**WORK REQUEST:** Wherever a line in the data holds the word "injective", pull that line out.
########################################
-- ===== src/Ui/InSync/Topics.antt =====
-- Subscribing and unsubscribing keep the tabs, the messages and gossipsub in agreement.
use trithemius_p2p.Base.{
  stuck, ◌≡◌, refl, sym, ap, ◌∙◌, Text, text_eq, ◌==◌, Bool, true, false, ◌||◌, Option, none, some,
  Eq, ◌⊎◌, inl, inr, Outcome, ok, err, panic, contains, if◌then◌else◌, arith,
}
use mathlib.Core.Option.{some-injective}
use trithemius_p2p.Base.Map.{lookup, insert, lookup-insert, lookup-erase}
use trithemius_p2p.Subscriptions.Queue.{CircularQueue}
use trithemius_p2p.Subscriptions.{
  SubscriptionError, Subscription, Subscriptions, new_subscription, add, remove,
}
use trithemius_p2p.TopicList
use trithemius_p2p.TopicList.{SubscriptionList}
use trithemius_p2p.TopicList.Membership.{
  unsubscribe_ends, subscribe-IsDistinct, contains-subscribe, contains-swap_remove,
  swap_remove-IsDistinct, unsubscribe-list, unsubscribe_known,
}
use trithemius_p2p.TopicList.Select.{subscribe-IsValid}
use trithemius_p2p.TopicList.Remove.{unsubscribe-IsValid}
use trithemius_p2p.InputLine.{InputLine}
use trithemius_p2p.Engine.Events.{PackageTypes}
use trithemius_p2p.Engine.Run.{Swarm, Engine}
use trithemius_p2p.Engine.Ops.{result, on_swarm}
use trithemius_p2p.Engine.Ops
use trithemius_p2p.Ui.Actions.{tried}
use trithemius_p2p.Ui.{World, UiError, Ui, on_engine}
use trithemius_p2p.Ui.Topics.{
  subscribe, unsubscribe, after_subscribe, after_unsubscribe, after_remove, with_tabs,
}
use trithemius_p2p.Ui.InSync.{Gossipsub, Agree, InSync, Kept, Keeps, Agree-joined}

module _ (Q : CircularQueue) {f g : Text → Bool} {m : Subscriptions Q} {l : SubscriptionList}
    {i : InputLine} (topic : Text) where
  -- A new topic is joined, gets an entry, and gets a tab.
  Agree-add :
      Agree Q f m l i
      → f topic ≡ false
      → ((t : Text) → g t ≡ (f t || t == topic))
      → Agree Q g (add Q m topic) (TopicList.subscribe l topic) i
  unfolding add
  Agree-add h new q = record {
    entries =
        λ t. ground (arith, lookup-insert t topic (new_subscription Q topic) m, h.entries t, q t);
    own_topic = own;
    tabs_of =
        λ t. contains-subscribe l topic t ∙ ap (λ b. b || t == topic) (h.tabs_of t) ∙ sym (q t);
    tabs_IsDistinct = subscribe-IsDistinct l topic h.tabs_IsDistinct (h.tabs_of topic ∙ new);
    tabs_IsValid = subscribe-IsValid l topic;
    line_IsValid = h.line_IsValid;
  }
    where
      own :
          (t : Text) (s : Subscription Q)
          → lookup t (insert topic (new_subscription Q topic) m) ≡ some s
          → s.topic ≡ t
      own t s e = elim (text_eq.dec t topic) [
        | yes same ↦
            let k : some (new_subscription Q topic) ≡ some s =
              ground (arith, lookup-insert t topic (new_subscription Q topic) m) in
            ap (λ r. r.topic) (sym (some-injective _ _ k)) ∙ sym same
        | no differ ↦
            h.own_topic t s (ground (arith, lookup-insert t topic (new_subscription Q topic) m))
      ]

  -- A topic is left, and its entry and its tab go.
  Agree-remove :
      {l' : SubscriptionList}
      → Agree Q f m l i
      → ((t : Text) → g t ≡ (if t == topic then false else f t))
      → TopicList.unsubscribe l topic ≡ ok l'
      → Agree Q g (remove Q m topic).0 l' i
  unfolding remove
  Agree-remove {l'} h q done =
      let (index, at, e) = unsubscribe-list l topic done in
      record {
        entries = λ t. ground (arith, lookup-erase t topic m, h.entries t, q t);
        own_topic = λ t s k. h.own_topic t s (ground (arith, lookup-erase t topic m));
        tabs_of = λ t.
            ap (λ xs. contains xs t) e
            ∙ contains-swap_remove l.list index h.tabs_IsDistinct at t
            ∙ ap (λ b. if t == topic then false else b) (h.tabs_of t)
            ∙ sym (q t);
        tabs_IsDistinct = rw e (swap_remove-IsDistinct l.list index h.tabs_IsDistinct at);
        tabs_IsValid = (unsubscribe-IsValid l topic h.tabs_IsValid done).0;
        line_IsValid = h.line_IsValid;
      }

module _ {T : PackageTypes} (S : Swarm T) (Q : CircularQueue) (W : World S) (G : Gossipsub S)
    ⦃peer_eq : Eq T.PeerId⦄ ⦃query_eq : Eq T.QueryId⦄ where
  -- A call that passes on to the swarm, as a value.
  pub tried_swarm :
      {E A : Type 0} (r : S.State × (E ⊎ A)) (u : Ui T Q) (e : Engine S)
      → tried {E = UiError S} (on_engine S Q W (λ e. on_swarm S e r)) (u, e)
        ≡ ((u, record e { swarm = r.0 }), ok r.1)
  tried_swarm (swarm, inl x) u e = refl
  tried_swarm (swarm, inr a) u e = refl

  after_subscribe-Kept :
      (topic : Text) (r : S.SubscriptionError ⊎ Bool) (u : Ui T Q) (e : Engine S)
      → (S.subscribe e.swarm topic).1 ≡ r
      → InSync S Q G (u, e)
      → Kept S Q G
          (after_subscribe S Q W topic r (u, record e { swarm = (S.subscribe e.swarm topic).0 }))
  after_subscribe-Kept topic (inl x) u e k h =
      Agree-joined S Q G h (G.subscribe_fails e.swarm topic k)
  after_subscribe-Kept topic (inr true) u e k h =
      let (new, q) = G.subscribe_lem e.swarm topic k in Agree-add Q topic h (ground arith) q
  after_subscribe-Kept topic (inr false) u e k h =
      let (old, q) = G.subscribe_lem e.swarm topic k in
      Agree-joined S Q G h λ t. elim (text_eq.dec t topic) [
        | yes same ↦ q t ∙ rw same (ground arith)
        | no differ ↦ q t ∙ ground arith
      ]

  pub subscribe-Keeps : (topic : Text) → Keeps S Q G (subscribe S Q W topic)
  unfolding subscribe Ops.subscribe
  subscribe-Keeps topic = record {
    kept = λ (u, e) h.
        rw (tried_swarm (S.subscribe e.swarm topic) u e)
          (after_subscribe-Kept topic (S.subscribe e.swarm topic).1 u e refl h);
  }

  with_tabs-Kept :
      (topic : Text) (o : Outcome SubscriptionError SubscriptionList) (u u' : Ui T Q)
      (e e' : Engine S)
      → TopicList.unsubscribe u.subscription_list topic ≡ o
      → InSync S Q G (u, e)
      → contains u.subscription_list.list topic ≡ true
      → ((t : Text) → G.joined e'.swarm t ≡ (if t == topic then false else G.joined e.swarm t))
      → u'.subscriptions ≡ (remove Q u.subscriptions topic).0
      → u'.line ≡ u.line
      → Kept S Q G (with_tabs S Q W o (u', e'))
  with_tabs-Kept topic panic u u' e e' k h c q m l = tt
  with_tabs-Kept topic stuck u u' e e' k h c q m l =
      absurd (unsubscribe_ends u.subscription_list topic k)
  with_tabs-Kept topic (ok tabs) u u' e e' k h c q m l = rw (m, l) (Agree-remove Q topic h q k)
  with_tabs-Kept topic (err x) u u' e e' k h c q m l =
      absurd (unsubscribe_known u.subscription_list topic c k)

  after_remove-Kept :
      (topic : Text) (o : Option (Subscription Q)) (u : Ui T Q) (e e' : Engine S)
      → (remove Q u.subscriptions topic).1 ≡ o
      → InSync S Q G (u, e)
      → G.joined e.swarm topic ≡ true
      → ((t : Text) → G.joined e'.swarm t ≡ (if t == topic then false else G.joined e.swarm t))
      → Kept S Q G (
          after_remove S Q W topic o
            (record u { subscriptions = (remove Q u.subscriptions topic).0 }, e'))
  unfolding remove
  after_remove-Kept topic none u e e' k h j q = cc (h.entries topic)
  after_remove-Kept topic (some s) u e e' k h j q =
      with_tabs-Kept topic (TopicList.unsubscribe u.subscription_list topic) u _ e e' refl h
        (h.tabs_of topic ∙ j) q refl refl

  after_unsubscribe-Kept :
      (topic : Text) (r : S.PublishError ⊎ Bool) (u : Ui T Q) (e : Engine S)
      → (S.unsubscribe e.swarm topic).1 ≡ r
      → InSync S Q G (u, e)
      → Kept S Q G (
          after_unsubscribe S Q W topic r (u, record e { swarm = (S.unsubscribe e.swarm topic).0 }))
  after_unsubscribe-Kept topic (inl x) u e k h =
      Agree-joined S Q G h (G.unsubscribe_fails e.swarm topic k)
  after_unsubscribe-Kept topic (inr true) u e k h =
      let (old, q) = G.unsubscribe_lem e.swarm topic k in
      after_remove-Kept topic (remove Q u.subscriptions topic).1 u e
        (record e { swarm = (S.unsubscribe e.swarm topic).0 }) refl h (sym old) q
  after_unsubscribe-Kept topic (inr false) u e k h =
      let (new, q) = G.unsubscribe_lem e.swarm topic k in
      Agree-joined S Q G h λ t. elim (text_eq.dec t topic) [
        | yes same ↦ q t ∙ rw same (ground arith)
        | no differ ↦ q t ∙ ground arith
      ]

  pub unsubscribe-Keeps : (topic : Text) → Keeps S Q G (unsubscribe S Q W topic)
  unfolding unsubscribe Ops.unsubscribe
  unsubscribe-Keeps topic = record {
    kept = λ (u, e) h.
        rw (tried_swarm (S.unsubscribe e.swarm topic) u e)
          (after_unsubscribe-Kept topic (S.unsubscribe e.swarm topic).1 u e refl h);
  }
########################################
**EXERCISE RESULT:**
use mathlib.Core.Option.{some-injective}
            ap (λ r. r.topic) (sym (some-injective _ _ k)) ∙ sym same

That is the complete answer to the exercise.